It's clearly true that mean of transform is not transform of mean
unless that transform is a linear function. The same argument would
imply that means are invalid for measured variables (e.g. means of
miles per gallon, weight, price in the auto data) because they are not
equivariant under transformation. Both theory and practice tell us
that means, geometric means, harmonic means, etc. can all make some
sense for many measured variables. Poisson regression and generalised
linear models all hinge on this.
Similarly, you could object to any summary statistic that you can get
the same summary value for different distributions. OK, but that's
pretty much the _definition_ and also the main limitation of a summary
statistic, and not all intrinsic to ordinal scales.
There's also a big difference of viewpoint here.
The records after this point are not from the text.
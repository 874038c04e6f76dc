-- ===== src/Auth/Admission.antt =====
-- From Login of auth/auth_service.go to RequireAuth of auth/auth_middleware.go.
use Prim.Native.Char.{Char}
use mathlib.Core.Path.{ap₂}
use go_url_shortener.Base.{ℕ, ◌+◌, ◌*◌, ◌/◌, ◌≤◌, ◌<◌, ◌≡◌, refl, sym, ap, ◌∙◌, not, some}
use go_url_shortener.Base.Text.{String}
use go_url_shortener.Model.{User}
use go_url_shortener.Outcome.{
  Result, ok, message, wrapped, ok_inj, map_error, >>=-eq-ok, map_error-eq-ok, fail_if-eq-ok,
}
use go_url_shortener.Db.{Db, exec_keeps}
use go_url_shortener.Repository.Users.{find_by_email, select_by_email}
use go_url_shortener.Repository.Users
use go_url_shortener.Service.Urls.{Host, on_db}
use go_url_shortener.Handler.{Request, Endpoint}
use go_url_shortener.Auth.Tokens.{generate_access_token, access_token_lifetime, one_second}
use go_url_shortener.Auth.Service.{
  AuthService, Session, normalized, access_token, create_refresh_token, hide, open_session, login,
}
use go_url_shortener.Auth.Middleware.{parse_access_token, require_auth, admit}
use go_url_shortener.Auth.Middleware.Access.{IsNamed, parse_access_token-generate}
use go_url_shortener.Auth.Middleware.Bearer.{IsWord, header, require_auth-header}

find_by_email-now : (email : String) (d : Db) → (find_by_email email d).1.now ≡ d.now
unfolding find_by_email select_by_email
find_by_email-now email d =
    exec_keeps (select_by_email email) (λ e. e.now ≡ d.now) (λ e rs h. h) (λ e h. h) d refl

module _ (auth : AuthService) where
  -- What a session has of its user: the access token of the instant.
  open_session-access :
      (user named : User) (session : Session) (h h' : Host)
      → open_session auth user h ≡ (ok (session, named), h')
      → (user ≡ named)
        × (generate_access_token auth.jwt auth.jwt_secret h.db.now user ≡ ok session.access_token)
  unfolding open_session access_token
  open_session-access user named session h h' e =
      let (access, u, made, e') =
        >>=-eq-ok (map_error (wrapped "generate access token") (access_token auth user)) _ h e in
      let (refresh, v, stored, e'') = >>=-eq-ok (create_refresh_token auth user.id) _ u e' in
      let drawn =
        map_error-eq-ok (wrapped "generate access token") (access_token auth user) h access u
          made in
      let pair = ok_inj (ap (λ (p : Result (Session × User) × Host). p.0) e'') in
      (
        ap (λ (p : Session × User). p.1) pair,
        ap (λ (p : Result String × Host). p.0) drawn
            ∙ ap (λ (p : Session × User). ok p.0.access_token) pair,
      )

  login-access :
      (email password : String) (user : User) (session : Session) (h h' : Host)
      → login auth email password h ≡ (ok (session, user), h')
      → generate_access_token auth.jwt auth.jwt_secret h.db.now user ≡ ok session.access_token
  unfolding login
  login-access email password user session h h' e =
      let (found, u, lookup, e') =
        >>=-eq-ok
          (map_error (hide "invalid credentials")
            (on_db (Users.find_by_email (normalized auth email))))
          _ h e in
      let read =
        map_error-eq-ok (hide "invalid credentials")
          (on_db (Users.find_by_email (normalized auth email))) h found u lookup in
      let (checked, opened) =
        fail_if-eq-ok (not (auth.bcrypt.matches found.password_hash password))
          (message "invalid credentials") _ u e' in
      let (same, access) = open_session-access found user session u h' opened in
      let now : u.db.now ≡ h.db.now =
        ap (λ (p : Result User × Host). p.1.db.now) (sym read)
        ∙ find_by_email-now (normalized auth email) h.db in
      ap₂ (generate_access_token auth.jwt auth.jwt_secret) (sym now) (sym same) ∙ access

  -- What Login hands out, RequireAuth admits: where a login has succeeded for a user with a
  -- positive id of 64 bits and an email and a role that are not blank, and the access token is one
  -- word without blanks, every request with the header "Bearer" and that token, from the login on
  -- and within 15 minutes by whole seconds, reaches the next handler with the id, the email and the
  -- role of the user that the login returned.
  pub login_admits :
      {S : Type 0} (fold : Char → Char) (next : Endpoint S) (email password : String) (user : User)
      (session : Session) (h h' : Host) (t : ℕ) (r : Request) (s : S)
      → login auth email password h ≡ (ok (session, user), h')
      → IsNamed user
      → IsWord session.access_token
      → h.db.now ≤ t
      → t < (h.db.now + access_token_lifetime) / one_second * one_second
      → r.authorization ≡ header "Bearer" session.access_token
      → require_auth fold (parse_access_token auth.jwt auth.jwt_secret t) next r s
        ≡ next
            (record r {
              user = some (record { user_id = user.id; email = user.email; role = user.role });
            })
            s
  login_admits fold next email password user session h h' t r s e named word after before sent =
      require_auth-header fold (parse_access_token auth.jwt auth.jwt_secret t) next r s
        session.access_token word sent
      ∙ ap (λ c. admit next r c s)
          (parse_access_token-generate auth.jwt auth.jwt_secret h.db.now t user session.access_token
            named (login-access email password user session h h' e) after before)
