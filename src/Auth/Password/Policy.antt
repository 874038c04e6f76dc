-- ===== src/Auth/Password/Policy.antt =====
-- validatePassword of auth/password.go against a description of the passwords it is to accept.

use go_url_shortener.Base.{◌≤◌, ◌≡◌, ◌≢◌, ◌↔◌, true, false, not, ◌&&◌, ◌||◌, arith}
use go_url_shortener.Base.Text.{String, eq_iff, len, trim_space, some_char}
use go_url_shortener.Outcome.{ok}
use go_url_shortener.Auth.Password.{Letters, Seen, look, scan, validate_password}

-- A password of 8 to 72 bytes that is not blank, with a letter and with a number that is no letter.
pub record IsStrong (letters : Letters) (password : String) : Type 0 where
  pub visible : trim_space password ≢ ""
  pub long : 8 ≤ len password
  pub short : len password ≤ 72
  pub lettered : some_char letters.is_letter password ≡ true
  pub numbered : some_char (λ c. not (letters.is_letter c) && letters.is_number c) password ≡ true

module _ (letters : Letters) where
  scan-letter :
      (s : String) (seen : Seen)
      → (scan letters s seen).letter ≡ (seen.letter || some_char letters.is_letter s)
  unfolding scan look some_char
  scan-letter String.[] seen = ground arith
  scan-letter (String.◌∷◌ c s) seen = ground (arith, scan-letter s (look letters c seen))

  scan-number :
      (s : String) (seen : Seen)
      → (scan letters s seen).number
        ≡ (seen.number || some_char (λ c. not (letters.is_letter c) && letters.is_number c) s)
  unfolding scan look some_char
  scan-number String.[] seen = ground arith
  scan-number (String.◌∷◌ c s) seen = ground (arith, scan-number s (look letters c seen))

  -- validatePassword accepts exactly the passwords of 8 to 72 bytes that are not blank and have a
  -- letter and a number, where a character that is a letter does not count as a number.
  pub validate_password_iff :
      (password : String) → (validate_password letters password ≡ ok tt) ↔ IsStrong letters password
  unfolding validate_password
  validate_password_iff password =
      let seen : Seen = record { letter = false; number = false } in
      (
        λ h. record {
          visible = ground (arith, eq_iff (trim_space password) "");
          long = ground arith;
          short = ground arith;
          lettered = ground (arith, scan-letter password seen);
          numbered = ground (arith, scan-number password seen);
        },
        λ s. ground (
          arith,
          eq_iff (trim_space password) "",
          scan-letter password seen,
          scan-number password seen,
          s,
        ),
      )
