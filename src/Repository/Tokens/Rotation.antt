-- ===== src/Repository/Tokens/Rotation.antt =====
-- Rotate of repository/refresh_token_repository.go: the ways in which a call ends.
use go_url_shortener.Base.{
  ◌≡◌, refl, ◌⊎◌, inl, inr, true, false, none, List, ◌∷◌, map, exists, arith,
}
use go_url_shortener.Base.Int.{ℤ, pos}
use go_url_shortener.Model.{RefreshToken}
use go_url_shortener.Outcome.{Result, ok, err, is_ok}
use go_url_shortener.Db.{Db, Reply, served, refused, lost, later_replies, next_reply}
use go_url_shortener.Repository.Tokens.{
  insert_token, is_target, revoke_row, revoke_token, in_tx, commit_tx, finish_tx, rotate,
}

-- The table after the revocation of `old` and the insertion of a row for `new`.
abbrev pub rotated : ℤ → RefreshToken → Db → List RefreshToken
rotated old new d =
    record new { id = pos d.next_token; created_at = d.now; revoked_at = none }
    ∷ map (revoke_row d.now old) d.tokens

in_tx-tokens :
    (new : RefreshToken) (old : ℤ) (d t : Db) (row : RefreshToken)
    → in_tx new old d ≡ (ok row, t)
    → (t.tokens ≡ rotated old new d) × (exists (is_target old) d.tokens ≡ true)
unfolding revoke_token insert_token
in_tx-tokens new old d t row h = ground arith

commit_cases :
    (r : Reply) (row : RefreshToken) (d t : Db)
    → let (out, e) = commit_tx r row d t in
      ((e.tokens ≡ d.tokens) × (is_ok out ≡ false)) ⊎ (e.tokens ≡ t.tokens)
commit_cases served row d t = inr refl
commit_cases refused row d t = inl (refl, refl)
commit_cases lost row d t = inr refl

-- How a call of Rotate has ended, by the table that it leaves.
abbrev pub Ended : ℤ → RefreshToken → Db → Result RefreshToken × Db → Type 0
Ended old new d (out, e) =
    (e.tokens ≡ d.tokens) × (is_ok out ≡ false)
    ⊎ (e.tokens ≡ rotated old new d) × (exists (is_target old) d.tokens ≡ true)

finish_tx-Ended :
    (old : ℤ) (new : RefreshToken) (d : Db) (r : Result RefreshToken × Db)
    → in_tx new old d ≡ r
    → Ended old new d (finish_tx d r)
finish_tx-Ended old new d (err x, t) e = inl (refl, refl)
finish_tx-Ended old new d (ok row, t) e = ground (
  arith,
  in_tx-tokens new old d t row e,
  commit_cases (next_reply t.replies) row d (record t { replies = later_replies t.replies }),
)

-- Whatever the server answers to its statements and to its commit, Rotate leaves the table as it was
-- and fails, or it has revoked the old token, which was there unrevoked, and added the new one.
pub rotate_atomic : (old : ℤ) (new : RefreshToken) (d : Db) → Ended old new d (rotate old new d)
unfolding rotate
rotate_atomic old new d = finish_tx-Ended old new d (in_tx new old d) refl
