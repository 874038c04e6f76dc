-- ===== src/Repository/Urls/Invariant.antt =====
-- The invariant of the table urls: its ids and the sequence, and its ids and codes.
use go_url_shortener.Base.{
  ℕ, suc, ◌≡◌, refl, Bool, true, false, List, [], ◌∷◌, map, ltb, exists, keep_if, arith, All,
}
use go_url_shortener.Base.Int.{ℤ, pos, negsuc, id_eq}
use go_url_shortener.Model.{Url}
use go_url_shortener.Db.{Db, Reply, exec_keeps}
use go_url_shortener.Repository.Urls.{
  has_id, clashes, edit_row, insert_url, create, update_url, update, delete_url, delete,
}

abbrev pub id_below : ℕ → ℤ → Bool
id_below n (pos k) = ltb k n
id_below n (negsuc k) = false

abbrev pub Below : ℕ → List Url → Type 0
Below n rows = All (λ (r : Url). id_below n r.id ≡ true) rows

abbrev pub Distinct : List Url → Type 0
Distinct [] = Unit
Distinct (r ∷ rs) =
    (exists (has_id r.id) rs ≡ false) × (exists (clashes r) rs ≡ false) × Distinct rs

pub record IsValid (d : Db) : Type 0 where
  pub fresh : Below d.next_url d.urls
  pub distinct : Distinct d.urls

-- The next id of the sequence names no row.
pub fresh_id : (n : ℕ) (rows : List Url) → Below n rows → exists (has_id (pos n)) rows ≡ false
unfolding id_eq
fresh_id n [] h = refl
fresh_id n (r ∷ rs) h = ground (arith, fresh_id n rs h.1)

Below-suc : (n : ℕ) (rows : List Url) → Below n rows → Below (suc n) rows
Below-suc n [] h = tt
Below-suc n (r ∷ rs) h = (ground arith, Below-suc n rs h.1)

module _ (url : Url) where
  edit_row-id : (r : Url) → (edit_row url r).id ≡ r.id
  unfolding edit_row
  edit_row-id r = ground arith

  edit_row-clashes : (q r : Url) → clashes q (edit_row url r) ≡ clashes q r
  unfolding edit_row clashes
  edit_row-clashes q r = ground arith

  pub clashes-edit_row : (q r : Url) → clashes (edit_row url r) q ≡ clashes r q
  unfolding edit_row clashes
  clashes-edit_row q r = ground arith

  exists-edit_id :
      (k : ℤ) (rows : List Url)
      → exists (has_id k) (map (edit_row url) rows) ≡ exists (has_id k) rows
  exists-edit_id k [] = refl
  exists-edit_id k (r ∷ rs) = rw (edit_row-id r, exists-edit_id k rs)

  exists-edit_clash :
      (q : Url) (rows : List Url)
      → exists (clashes (edit_row url q)) (map (edit_row url) rows) ≡ exists (clashes q) rows
  exists-edit_clash q [] = refl
  exists-edit_clash q (r ∷ rs) =
      rw (clashes-edit_row (edit_row url r) q, edit_row-clashes q r, exists-edit_clash q rs)

  Below-edit : (n : ℕ) (rows : List Url) → Below n rows → Below n (map (edit_row url) rows)
  Below-edit n [] h = tt
  Below-edit n (r ∷ rs) h = (rw (edit_row-id r) h.0, Below-edit n rs h.1)

  Distinct-edit : (rows : List Url) → Distinct rows → Distinct (map (edit_row url) rows)
  Distinct-edit [] h = tt
  Distinct-edit (r ∷ rs) h = (
    rw (edit_row-id r, exists-edit_id r.id rs) h.0,
    rw (exists-edit_clash r rs) h.1,
    Distinct-edit rs h.2,
  )

module _ (keep : Url → Bool) where
  exists-keep_if :
      (p : Url → Bool) (rows : List Url)
      → exists p rows ≡ false
      → exists p (keep_if keep rows) ≡ false
  exists-keep_if p [] h = refl
  exists-keep_if p (r ∷ rs) h = ground (arith, exists-keep_if p rs)

  Below-keep_if : (n : ℕ) (rows : List Url) → Below n rows → Below n (keep_if keep rows)
  Below-keep_if n [] h = tt
  Below-keep_if n (r ∷ rs) h = ground (arith, Below-keep_if n rs h.1)

  Distinct-keep_if : (rows : List Url) → Distinct rows → Distinct (keep_if keep rows)
  Distinct-keep_if [] h = tt
  Distinct-keep_if (r ∷ rs) h = ground (
    arith,
    Distinct-keep_if rs h.2,
    exists-keep_if (has_id r.id) rs h.0,
    exists-keep_if (clashes r) rs h.1,
  )

pub insert_url-IsValid : (url : Url) (d : Db) → IsValid d → IsValid (insert_url url d).1
unfolding insert_url clashes
insert_url-IsValid url d v =
    ground (arith, fresh_id d.next_url d.urls v.fresh, Below-suc d.next_url d.urls v.fresh)

pub update_url-IsValid : (url : Url) (d : Db) → IsValid d → IsValid (update_url url d).1
unfolding update_url
update_url-IsValid url d v = record {
  fresh = Below-edit url d.next_url d.urls v.fresh;
  distinct = Distinct-edit url d.urls v.distinct;
}

pub delete_url-IsValid : (id : ℤ) (d : Db) → IsValid d → IsValid (delete_url id d).1
unfolding delete_url
delete_url-IsValid id d v = record {
  fresh = Below-keep_if _ d.next_url d.urls v.fresh;
  distinct = Distinct-keep_if _ d.urls v.distinct;
}

pub with_replies : (d : Db) (rs : List Reply) → IsValid d → IsValid (record d { replies = rs })
with_replies d rs v = record { fresh = v.fresh; distinct = v.distinct }

-- Create, Update and Delete keep the ids of the table below the sequence and its ids, short codes
-- and custom aliases distinct, whatever the server answers.
pub writes-IsValid :
    (url : Url) (id : ℤ) (d : Db)
    → IsValid d
    → IsValid (create url d).1 × IsValid (update url d).1 × IsValid (delete id d).1
unfolding create update delete
writes-IsValid url id d v = (
  exec_keeps (insert_url url) IsValid with_replies (insert_url-IsValid url) d v,
  exec_keeps (update_url url) IsValid with_replies (update_url-IsValid url) d v,
  exec_keeps (delete_url id) IsValid with_replies (delete_url-IsValid id) d v,
)
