-- ===== src/Repository/Tokens/Replay.antt =====
-- Histories of the table refresh_tokens, by the calls of repository/refresh_token_repository.go.
use go_url_shortener.Base.{
  ℕ, suc, ◌+◌, ◌≡◌, refl, inl, inr, true, false, none, List, [], ◌∷◌, map, exists, arith, All,
}
use go_url_shortener.Base.Int.{ℤ, pos, id_eq}
use go_url_shortener.Model.{RefreshToken}
use go_url_shortener.Outcome.{Result, ok, err, is_ok, >>=_keeps}
use go_url_shortener.Db.{Db, Reply, served, refused, lost, exec, exec_keeps, next_reply}
use go_url_shortener.Repository.Urls.Invariant.{id_below}
use go_url_shortener.Repository.Tokens.{
  insert_token, create, is_target, revoke_row, revoke_token, revoke, begin_tx, in_tx, commit_tx,
  finish_tx, roll_back, rotate,
}
use go_url_shortener.Repository.Tokens.Rotation.{rotated, rotate_atomic}

-- Every id of the table was drawn from the sequence.
abbrev pub Below : ℕ → List RefreshToken → Type 0
Below n rows = All (λ (t : RefreshToken). id_below n t.id ≡ true) rows

-- The id was drawn, and no row of it can be revoked any more.
pub record IsSpent (id : ℤ) (d : Db) : Type 0 where
  pub drawn : id_below d.next_token id ≡ true
  pub dead : exists (is_target id) d.tokens ≡ false

exists-revoke :
    (id old : ℤ) (now : ℕ) (rows : List RefreshToken)
    → exists (is_target id) rows ≡ false
    → exists (is_target id) (map (revoke_row now old) rows) ≡ false
unfolding is_target revoke_row
exists-revoke id old now [] h = refl
exists-revoke id old now (t ∷ ts) h = ground (arith, exists-revoke id old now ts)

revoked-dead :
    (old : ℤ) (now : ℕ) (rows : List RefreshToken)
    → exists (is_target old) (map (revoke_row now old) rows) ≡ false
unfolding is_target revoke_row
revoked-dead old now [] = refl
revoked-dead old now (t ∷ ts) = ground (arith, revoked-dead old now ts)

target-Below :
    (n : ℕ) (id : ℤ) (rows : List RefreshToken)
    → Below n rows
    → exists (is_target id) rows ≡ true
    → id_below n id ≡ true
unfolding is_target id_eq
target-Below n id [] h e = cc
target-Below n id (t ∷ ts) h e = ground (arith, target-Below n id ts h.1)

fresh-dead :
    (n : ℕ) (id : ℤ) (t : RefreshToken)
    → id_below n id ≡ true
    → t.id ≡ pos n
    → is_target id t ≡ false
unfolding is_target id_eq
fresh-dead n id t h e = ground arith

id_below-suc : (n : ℕ) (id : ℤ) → id_below n id ≡ true → id_below (suc n) id ≡ true
id_below-suc n id h = ground arith

insert_token-IsSpent :
    (id : ℤ) (token : RefreshToken) (d : Db) → IsSpent id d → IsSpent id (insert_token token d).1
unfolding insert_token is_target id_eq
insert_token-IsSpent id token d s = ground (arith, id_below-suc d.next_token id)

revoke_token-IsSpent : (id old : ℤ) (d : Db) → IsSpent id d → IsSpent id (revoke_token old d).1
unfolding revoke_token
revoke_token-IsSpent id old d s = record {
  drawn = s.drawn;
  dead = exists-revoke id old d.now d.tokens s.dead;
}

with_replies :
    (id : ℤ) (d : Db) (rs : List Reply) → IsSpent id d → IsSpent id (record d { replies = rs })
with_replies id d rs s = record { drawn = s.drawn; dead = s.dead }

-- What Rotate keeps: all that its statements and a roll back keep.
module _ {ℓ} (P : Db → Type ℓ)
    (blind : (d : Db) (rs : List Reply) → P d → P (record d { replies = rs }))
    (revoked : (old : ℤ) (d : Db) → P d → P (revoke_token old d).1)
    (inserted : (new : RefreshToken) (d : Db) → P d → P (insert_token new d).1)
    (rolled : (d t : Db) → P d → P t → P (roll_back d t)) where
  in_tx_keeps : (old : ℤ) (new : RefreshToken) (d : Db) → P d → P (in_tx new old d).1
  in_tx_keeps old new = >>=_keeps P (exec begin_tx) _ (exec_keeps begin_tx P blind (λ d h. h)) (λ _.
      >>=_keeps P (exec (revoke_token old)) _ (exec_keeps (revoke_token old) P blind (revoked old))
        (λ _. exec_keeps (insert_token new) P blind (inserted new)))

  commit_keeps : (r : Reply) (row : RefreshToken) (d t : Db) → P d → P t → P (commit_tx r row d t).1
  commit_keeps served row d t h k = k
  commit_keeps refused row d t h k = rolled d t h k
  commit_keeps lost row d t h k = k

  finish_keeps : (d : Db) (r : Result RefreshToken × Db) → P d → P r.1 → P (finish_tx d r).1
  finish_keeps d (err e, t) h k = rolled d t h k
  finish_keeps d (ok row, t) h k = commit_keeps (next_reply t.replies) row d _ h (blind t _ k)

  pub rotate_keeps : (old : ℤ) (new : RefreshToken) (d : Db) → P d → P (rotate old new d).1
  unfolding rotate
  rotate_keeps old new d h = finish_keeps d (in_tx new old d) h (in_tx_keeps old new d h)

rotate-IsSpent :
    (id old : ℤ) (new : RefreshToken) (d : Db) → IsSpent id d → IsSpent id (rotate old new d).1
rotate-IsSpent id =
    rotate_keeps (IsSpent id) (with_replies id) (revoke_token-IsSpent id) (insert_token-IsSpent id)
      (λ d t h k. record { drawn = k.drawn; dead = h.dead })

abbrev IsDrawn : ℤ → Db → Type 0
IsDrawn id d = id_below d.next_token id ≡ true

insert_token-IsDrawn :
    (id : ℤ) (token : RefreshToken) (d : Db) → IsDrawn id d → IsDrawn id (insert_token token d).1
unfolding insert_token
insert_token-IsDrawn id token d h = ground (arith, id_below-suc d.next_token id)

rotate-IsDrawn :
    (id old : ℤ) (new : RefreshToken) (d : Db) → IsDrawn id d → IsDrawn id (rotate old new d).1
unfolding revoke_token
rotate-IsDrawn id =
    rotate_keeps (IsDrawn id) (λ d rs h. h) (λ old d h. h) (insert_token-IsDrawn id) (λ d t h k. k)

-- What may happen to the table: its writes, time passing, and any answers of the server.
pub data Call : Type 0 where
  creates : RefreshToken → Call
  revokes : ℤ → Call
  rotates : ℤ → RefreshToken → Call
  waits : ℕ → Call
  answers : List Reply → Call

unfoldable pub step : Db → Call → Db
step d (creates t) = (create t d).1
step d (revokes id) = (revoke id d).1
step d (rotates id t) = (rotate id t d).1
step d (waits n) = record d { now = d.now + n }
step d (answers rs) = record d { replies = rs }

unfoldable pub run : Db → List Call → Db
run d [] = d
run d (c ∷ cs) = run (step d c) cs

step-IsSpent : (id : ℤ) (d : Db) (c : Call) → IsSpent id d → IsSpent id (step d c)
unfolding step create revoke
step-IsSpent id d (creates t) s =
    exec_keeps (insert_token t) (IsSpent id) (with_replies id) (insert_token-IsSpent id t) d s
step-IsSpent id d (revokes old) s =
    exec_keeps (revoke_token old) (IsSpent id) (with_replies id) (revoke_token-IsSpent id old) d s
step-IsSpent id d (rotates old t) s = rotate-IsSpent id old t d s
step-IsSpent id d (waits n) s = record { drawn = s.drawn; dead = s.dead }
step-IsSpent id d (answers rs) s = with_replies id d rs s

run-IsSpent : (id : ℤ) (d : Db) (cs : List Call) → IsSpent id d → IsSpent id (run d cs)
unfolding run
run-IsSpent id d [] s = s
run-IsSpent id d (c ∷ cs) s = run-IsSpent id (step d c) cs (step-IsSpent id d c s)

rotated-dead :
    (old : ℤ) (new : RefreshToken) (d : Db)
    → id_below d.next_token old ≡ true
    → exists (is_target old) (rotated old new d) ≡ false
rotated-dead old new d h = ground (
  arith,
  fresh-dead d.next_token old
      (record new { id = pos d.next_token; created_at = d.now; revoked_at = none }) h,
  revoked-dead old d.now d.tokens,
)

rotated-IsSpent :
    (old : ℤ) (new : RefreshToken) (d : Db)
    → Below d.next_token d.tokens
    → is_ok (rotate old new d).0 ≡ true
    → IsSpent old (rotate old new d).1
rotated-IsSpent old new d b h = elim (rotate_atomic old new d) [
  | inl (same, failed) ↦ absurd (ground arith)
  | inr (table, live) ↦
      let drawn = target-Below d.next_token old d.tokens b live in
      record {
        drawn = rotate-IsDrawn old old new d drawn;
        dead = rw table (rotated-dead old new d drawn);
      }
]

-- A refresh token is good for one rotation: where the ids of the table were drawn from the sequence and
-- a call of Rotate for a token has succeeded, a later call for the same token fails, whatever calls of
-- the repository, passing of time and answers of the server lie in between.
pub rotate_once :
    (old : ℤ) (new other : RefreshToken) (d : Db) (cs : List Call)
    → Below d.next_token d.tokens
    → is_ok (rotate old new d).0 ≡ true
    → is_ok (rotate old other (run (rotate old new d).1 cs)).0 ≡ false
rotate_once old new other d cs b h =
    let s = run-IsSpent old _ cs (rotated-IsSpent old new d b h) in
    ground (arith, rotate_atomic old other (run (rotate old new d).1 cs))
Measurement theory
loves these arguments about arbitrary order-preserving
transformations, but I don't think they make much sense to scientists
who actually do measurements.
On Fri, Aug 31, 2012 at 7:55 PM, Ulrich Kohler <firstname.lastname@example.org> wrote:
> I'm sure that I don't know all the reasons why we should not take means
> over values from an ordinal scale, but _one_ reason is that conclusions
> taken from the mean are not robust against allowed transformations of
> the values.
> Generally, all transformations that preserve the numerical order of the
> scale are allowed for an ordinal scale. Thus we can transform the
> 1, 2, 3, 4, 5
> of an ordinal scale to
> 0, 11, 13, 19, 42
> because this would not change at all the order of the scale.
> Now, consider two students, A and B, with grades
> A: 1, 1, 1, 1, 5
> B: 2, 2, 2, 2, 1
> where 1 means "excellent" and 5 means "very bad". If we calculate the
> students' averages we obtain 1.8 for both of them. Our substantial
> conclusion from the comparison of means would therefore be that both
> students are equal.
> Now, let us do the "allowed" transformation proposed above:
> A: 1, 1, 1, 1, 42
> B: 11, 11, 11, 11, 0
> In this case we obtain an average of 9.2 for student A and 8.8 for
> student B. Hence, this time our substantial conclusion would be that "B
> is better than A".
> Clearly we should not use a statistic that tells us different truths for
> arbitrary "allowed" transformations of scales. For the ordinal scale the
> median is better suited because conclusions from the median do not
> change for allowed transformations of values of an ordinal scale (in the
> example, student A would be better than B in either case).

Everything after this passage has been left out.